Novamente o par olhos azuis me encaravam fixamente, como se fosse capaz de ler minha alma e me decifrar em poucas palavras, com desconfiança, medo, terror e ansiedade. Penetrando-me tão profundamente que mais um pouco atingiria meus ossos, como uma presa fácil de se pegar e rasgar ao meio. Silenciosamente.


Com a respiração ofegante, fazendo o peito subir e descer de forma dolorosa, eles se alternam entre meus lábios, dedos e olhos e eu sinto cada vez mais o ar me faltar, deixando-me impossível de respirar.
Meu coração bate valente, como um tambor.


Estou com medo.

Mirados em meus lábios levemente tingidos na cor vermelho sangue — sua cor natural —, questionava-me silenciosamente se eu devia mesmo correr esse risco, de sair vagando por essas ruas escuras e melancólicas de Starlight, onde o cheiro de medo e morte estão impregnados do chão à parede, tendo a lua como testemunha de cada ação brutal.
Mordo o lábio inferior sem muita força e corro a mão pelo cabelo perfeitamente arrumado — caídos abaixo dos seios —, ao pensar na probabilidade, na quantidade de vidas que já foram tiradas por entre esses becos e vielas por coisas insignificantes. Um pouco de dinheiro, provocações e até por alguns litros de sangue e pequenos pedaços carne fresca.

Eu não sou como eles!

Não faço parte desse mundo!

Eu não deveria estar aqui...

Me afasto do espelho abruptamente, mandando para longe todas as cenas traumatizantes na qual já presenciei desde que me entendo por gente, e caminho de volta para meu quarto. Mordo o lábio inferior sem muita força, novamente, e me jogo na cama macia. Pego meu celular sobre o criado-mudo com urgência e vou direto no app de conversa, entrando no meu bate-papo com Giulia, minha única amiga. Encaro a imagem que ela mandou vestida em uma saia, botas e moletom, juntamente com um "vai ser legal" e deixo de me morder. Reviro os olhos e suspiro. Afasto o celular dos meus olhos, jogando-o para longe, fazendo-o se perder entre os lençóis bagunçados da cama. Me levanto em abrupto, determinada a pedir a meu pai para sair somente essa noite, nunca havia pedido nada parecido, mas queria sair somente essa noite, uma única noite, talvez ele permitisse somente essa vez, já que possivelmente não haveria nenhuma outra. Contudo, passos rápidos e pesados juntamente com o som de algo se quebrando no andar de baixo me fez afastar todos os pensamentos que me invadira e se arrepiar da cabeça aos pés.

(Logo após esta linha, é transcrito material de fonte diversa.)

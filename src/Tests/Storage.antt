-- ===== src/Tests/Storage.antt =====
-- The theorems of the storages, applied.
use webrtc_dht.Prelude.{◌≡◌, refl, none, some, ite, take, [], ◌∷◌, ◌++◌, arith, Bytes, codes}
use webrtc_dht.Prelude.Assoc
use webrtc_dht.Key.{key_eq}
use webrtc_dht.Key.Hex.{hex_encode}
use webrtc_dht.Types.{message, wrapped, ok, err}
use webrtc_dht.Storage.Memory.{MemoryStorage}
use webrtc_dht.Storage.Files.{
  FileSystem, FilePath, read_file, write_file, omit_empty, path_eq, join,
}
use webrtc_dht.Storage.Disk.{
  DiskStorage, new_disk_storage, meta_path, blob_path, get, put, put_blob, get_blob,
}
use webrtc_dht.Storage.Laws.{disk_get-put}
use webrtc_dht.Storage.Blobs.{
  IsAddressed, IsSplit, put_blob-IsAddressed, put_blob_cut, get_blob-put_blob,
}
use webrtc_dht.Storage.Escape.{get_blob_escapes}
use webrtc_dht.Tests.Codec.{formats}
use webrtc_dht.Tests.Data.{key, key-IsKey, inline_value}

abbrev base : FilePath
base = codes "dht" ∷ []

abbrev empty : FileSystem
empty = record { files = []; fault = λ p. none; cut = λ p. none }

abbrev disk : DiskStorage
disk = record { meta_dir = codes "meta" ∷ base; blob_dir = codes "blobs" ∷ base; fs = empty }

abbrev few : MemoryStorage
few = record { entries = (key 7, inline_value) ∷ [] }

disk_get-put_example :
    get formats (put formats disk (key 4) inline_value) (key 4)
    ≡ ite
        (key_eq (key 4) (key 4))
        (some (record inline_value { body = omit_empty inline_value.body }))
        (get formats disk (key 4))
disk_get-put_example =
    disk_get-put formats disk (key 4) (key 4) inline_value (key-IsKey 4 (omega arith))
      (key-IsKey 4 (omega arith)) (key-IsKey 0 (omega arith))
      (record { opens = refl; whole = refl })

empty-IsAddressed : IsAddressed formats disk
unfolding read_file Assoc.lookup
empty-IsAddressed b c e = absurd (cc)

put_blob_ok : (put_blob formats disk (1 ∷ 2 ∷ [])).1 ≡ ok (hex_encode (formats.sha256 (1 ∷ 2 ∷ [])))
unfolding put_blob read_file Assoc.lookup write_file
put_blob_ok = refl

get_blob-put_blob_example :
    (hex_encode (formats.sha256 (1 ∷ 2 ∷ [])) ≡ hex_encode (formats.sha256 (1 ∷ 2 ∷ [])))
    × ((c : Bytes) × (get_blob formats
            (put_blob formats disk (1 ∷ 2 ∷ [])).0
            (hex_encode (formats.sha256 (1 ∷ 2 ∷ [])))
          ≡ ok c)
        × (formats.sha256 c ≡ formats.sha256 (1 ∷ 2 ∷ [])))
get_blob-put_blob_example =
    get_blob-put_blob formats disk (1 ∷ 2 ∷ []) (hex_encode (formats.sha256 (1 ∷ 2 ∷ [])))
      empty-IsAddressed put_blob_ok

put_blob-IsAddressed_example : IsAddressed formats (put_blob formats disk (1 ∷ 2 ∷ [])).0
put_blob-IsAddressed_example =
    put_blob-IsAddressed formats disk (1 ∷ 2 ∷ []) (hex_encode (formats.sha256 (1 ∷ 2 ∷ [])))
      empty-IsAddressed put_blob_ok

-- A disk that is full after one byte.
abbrev full : DiskStorage
full = record disk { fs = record empty { cut = λ p. some (1, message (codes "no space left")) } }

nothing_there : read_file full.fs (blob_path full (hex_encode (formats.sha256 (1 ∷ 2 ∷ [])))) ≡ none
unfolding read_file Assoc.lookup
nothing_there = refl

put_blob_cut_example :
    let ref = hex_encode (formats.sha256 (1 ∷ 2 ∷ [])) in
    let e = message (codes "no space left") in
    let (s, r) = put_blob formats full (1 ∷ 2 ∷ []) in
    (r ≡ err (wrapped (codes "putblob: ") e))
    × (get_blob formats s ref ≡ ok (take 1 (1 ∷ 2 ∷ [])))
    × (put_blob formats s (1 ∷ 2 ∷ []) ≡ (s, ok ref))
put_blob_cut_example =
    put_blob_cut formats full (1 ∷ 2 ∷ []) 1 (message (codes "no space left")) refl refl
      nothing_there

disk-IsSplit : IsSplit formats disk
unfolding codes
disk-IsSplit e = cc

-- The file of the key 4, with three bytes.
abbrev filled : FileSystem
filled = record {
  files = (meta_path (new_disk_storage base empty) (key 4), 1 ∷ 2 ∷ 3 ∷ []) ∷ [];
  fault = λ p. none;
  cut = λ p. none;
}

filled_lem :
    read_file filled (meta_path (new_disk_storage base filled) (key 4)) ≡ some (1 ∷ 2 ∷ 3 ∷ [])
unfolding read_file new_disk_storage meta_path Assoc.lookup path_eq join hex_encode codes
filled_lem = refl

get_blob_escapes_example :
    get_blob formats (new_disk_storage base filled) (codes "../meta/" ++ hex_encode (key 4))
    ≡ ok (1 ∷ 2 ∷ 3 ∷ [])
get_blob_escapes_example =
    get_blob_escapes formats base filled (key 4) (1 ∷ 2 ∷ 3 ∷ []) (key-IsKey 4 (omega arith))
      filled_lem
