-- ===== src/Udp/Replies.antt =====
-- transport/udp/udp.go: replies and the requests that wait for them.
use webrtc_dht.Prelude.{
  ℕ, Bool, true, false, subst, ◌≡◌, refl, sym, ◌∙◌, ap, ◌≢◌, Option, none, some, List, [], ◌∷◌, ite,
  if_pos, if_neg, Text,
}
use webrtc_dht.Prelude.Assoc
use webrtc_dht.Key.{key_eq}
use webrtc_dht.Types.{Error, not_found, error_text, Result, ok, err, ok-injective, NetworkNode}
use webrtc_dht.Udp.{answer_of, attempts, send_req, Message, Pending, offer, reply_at, handle_reply}

-- The replies in the order in which they are handled.
pub handle_replies : Pending → List Message → Pending
handle_replies pending [] = pending
handle_replies pending (m ∷ ms) = handle_replies (handle_reply pending m) ms

-- The first reply to a request.
pub first_for : Text → List Message → Option Message
first_for id [] = none
first_for id (m ∷ ms) = ite (key_eq m.req_id id) (some m) (first_for id ms)

-- A channel of capacity one: what is there stays.
abbrev kept : Option Message → Option Message → Option Message
kept none later = later
kept (some m) later = some m

lookup-reply_at :
    (id : Text) (pending : Pending) (m : Message) (found : Option (Option Message))
    → Assoc.lookup key_eq m.req_id pending ≡ found
    → m.req_id ≢ id
    → Assoc.lookup key_eq id (reply_at pending m found) ≡ Assoc.lookup key_eq id pending
unfolding reply_at
lookup-reply_at id pending m none e ne = refl
lookup-reply_at id pending m (some ch) e ne =
    Assoc.lookup-assign key_eq m.req_id id (offer ch m) pending ∙ if_neg (key_eq m.req_id id) ne _ _

lookup-handle_reply_ne :
    (id : Text) (pending : Pending) (m : Message)
    → m.req_id ≢ id
    → Assoc.lookup key_eq id (handle_reply pending m) ≡ Assoc.lookup key_eq id pending
unfolding handle_reply
lookup-handle_reply_ne id pending m ne = lookup-reply_at id pending m _ refl ne

lookup-handle_reply_self :
    (id : Text) (pending : Pending) (m : Message) (ch : Option Message)
    → Assoc.lookup key_eq id pending ≡ some ch
    → m.req_id ≡ id
    → Assoc.lookup key_eq id (handle_reply pending m) ≡ some (offer ch m)
unfolding handle_reply reply_at
lookup-handle_reply_self id pending m ch e same =
    let there : Assoc.lookup key_eq m.req_id pending ≡ some ch = rw same e in
    rw (there, handle_reply)
      (Assoc.lookup-assign key_eq m.req_id id (offer ch m) pending
        ∙ if_pos (key_eq m.req_id id) same _ _)

lookup-handle_replies :
    (id : Text) (pending : Pending) (ms : List Message) (ch : Option Message)
    → Assoc.lookup key_eq id pending ≡ some ch
    → Assoc.lookup key_eq id (handle_replies pending ms) ≡ some (kept ch (first_for id ms))
unfolding handle_replies first_for
lookup-handle_replies id pending [] none e = e
lookup-handle_replies id pending [] (some m) e = e
lookup-handle_replies id pending (m ∷ ms) none e = elim (key_eq m.req_id id) [
  | yes same ↦
      lookup-handle_replies id (handle_reply pending m) ms (some m)
        (lookup-handle_reply_self id pending m none e same)
      ∙ ap some (sym (if_pos (key_eq m.req_id id) same _ _))
  | no other ↦
      lookup-handle_replies id (handle_reply pending m) ms none
        (lookup-handle_reply_ne id pending m other ∙ e)
      ∙ ap some (sym (if_neg (key_eq m.req_id id) other _ _))
]
lookup-handle_replies id pending (m ∷ ms) (some first) e = elim (key_eq m.req_id id) [
  | yes same ↦
      lookup-handle_replies id (handle_reply pending m) ms (some first)
        (lookup-handle_reply_self id pending m (some first) e same)
  | no other ↦
      lookup-handle_replies id (handle_reply pending m) ms (some first)
        (lookup-handle_reply_ne id pending m other ∙ e)
]

-- After a request is noted, and whatever replies come in whatever order, its channel holds the
-- first reply that bears its identifier, and nothing if there is none.
pub handle_replies-first_for :
    (id : Text) (pending : Pending) (ms : List Message)
    → Assoc.lookup key_eq id (handle_replies (Assoc.assign key_eq id none pending) ms)
      ≡ some (first_for id ms)
handle_replies-first_for id pending ms =
    lookup-handle_replies id (Assoc.assign key_eq id none pending) ms none
      (Assoc.lookup-assign key_eq id id none pending ∙ if_pos (key_eq id id) refl _ _)

err_ne_ok : {x : Error} {m : Message} → ◌≢◌ {A = Result Message} (err x) (ok m)
err_ne_ok e = cc

answer_of-eq-ok : (m resp : Message) → answer_of m ≡ ok resp → (m ≡ resp) × (resp.error ≡ [])
unfolding answer_of
answer_of-eq-ok m resp e = elim (key_eq m.error []) [
  | yes a ↦
      let same : m ≡ resp = ok-injective (sym (if_pos (key_eq m.error []) a _ _) ∙ e) in
      (same, subst (λ (n : Message). n.error ≡ []) same a)
  | no a ↦
      let failed = sym (if_neg (key_eq m.error []) a _ _) ∙ e in
      elim (key_eq m.error (error_text not_found)) [
        | yes b ↦
            absurd (err_ne_ok (sym (if_pos (key_eq m.error (error_text not_found)) b _ _) ∙ failed))
        | no b ↦
            absurd (err_ne_ok (sym (if_neg (key_eq m.error (error_text not_found)) b _ _) ∙ failed))
      ]
]

module _ (addr : Text) (write : ℕ → Option Error) (reply : ℕ → Option Message) where
  -- A call that returns an answer has sent its message, on a transport that listens, to a target
  -- that is given; the answer came before the timeout and reports no error.
  pub send_req-eq-ok :
      (listening : Bool) (target : Option NetworkNode) (encoding : Option Error) (resp : Message)
      → send_req addr write reply listening target encoding ≡ ok resp
      → (listening ≡ true)
        × (target ≢ none)
        × (encoding ≡ none)
        × (write 0 ≡ none)
        × (reply 0 ≡ some resp)
        × (resp.error ≡ [])
  unfolding send_req attempts
  send_req-eq-ok false target encoding resp e = absurd (cc)
  send_req-eq-ok true none encoding resp e = absurd (cc)
  send_req-eq-ok true (some target) (some x) resp e = absurd (cc)
  send_req-eq-ok true (some target) none resp e = written (write 0) (reply 0) refl refl e
    where
      Goal : Type 0
      Goal =
          (true ≡ true)
          × (some target ≢ none)
          × (◌≡◌ {A = Option Error} none none)
          × (write 0 ≡ none)
          × (reply 0 ≡ some resp)
          × (resp.error ≡ [])

      written :
          (a : Option Error) (b : Option Message)
          → write 0 ≡ a
          → reply 0 ≡ b
          → ◌≡◌ {A = Result Message}
              (elim a [
                | some x ↦ err x
                | none ↦ elim b [ some m ↦ answer_of m | none ↦ attempts addr write reply 0 1 ]
              ])
              (ok resp)
          → Goal
      written (some x) b p q e = absurd (cc)
      written none none p q e = absurd (cc)
      written none (some m) p q e =
          let (same, clean) = answer_of-eq-ok m resp e in
          (refl, (λ x. absurd (cc)), refl, p, q ∙ ap some same, clean)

Saio do quarto vestida no pijama com qual estava e desço as escadas calmamente, dando um passo de cada vez. Talvez fosse somente algum animal que tivesse entrado e mexido em algo.

— Papai? — Chamo-o, estranhando o silêncio claustrofóbico instalado nos cômodos escuros. — Papai! — Chamei-o novamente, descendo os últimos degraus da escada e olhando desde a sala à cozinha.
Avancei na sala e pela janela fiz uma rápida vistoria na varanda e Starlight parecia ainda mais sombria do que já aparentava diariamente. As casas vizinhas estavam com as luzes apagadas e não se via pessoa alguma passando por ali, nem mesmo animais. Nem os postes estavam funcionando direito, bruxuleavam sem parar. Talvez seja por causa da festa que está acontecendo no centro da cidade ou Starlight realmente é assim e eu nunca havia reparado, de fato.

Me afastei da janela e olhei para além da sala, vendo o lustre no vão da cozinha bruxulear, relutando entre manter-se ligado ou desligar de vez e levar a casa para o breu completo, mais do que já estava.

— Papai? — Tentei novamente, direcionando-me para o único vão que tinha a luz ligada.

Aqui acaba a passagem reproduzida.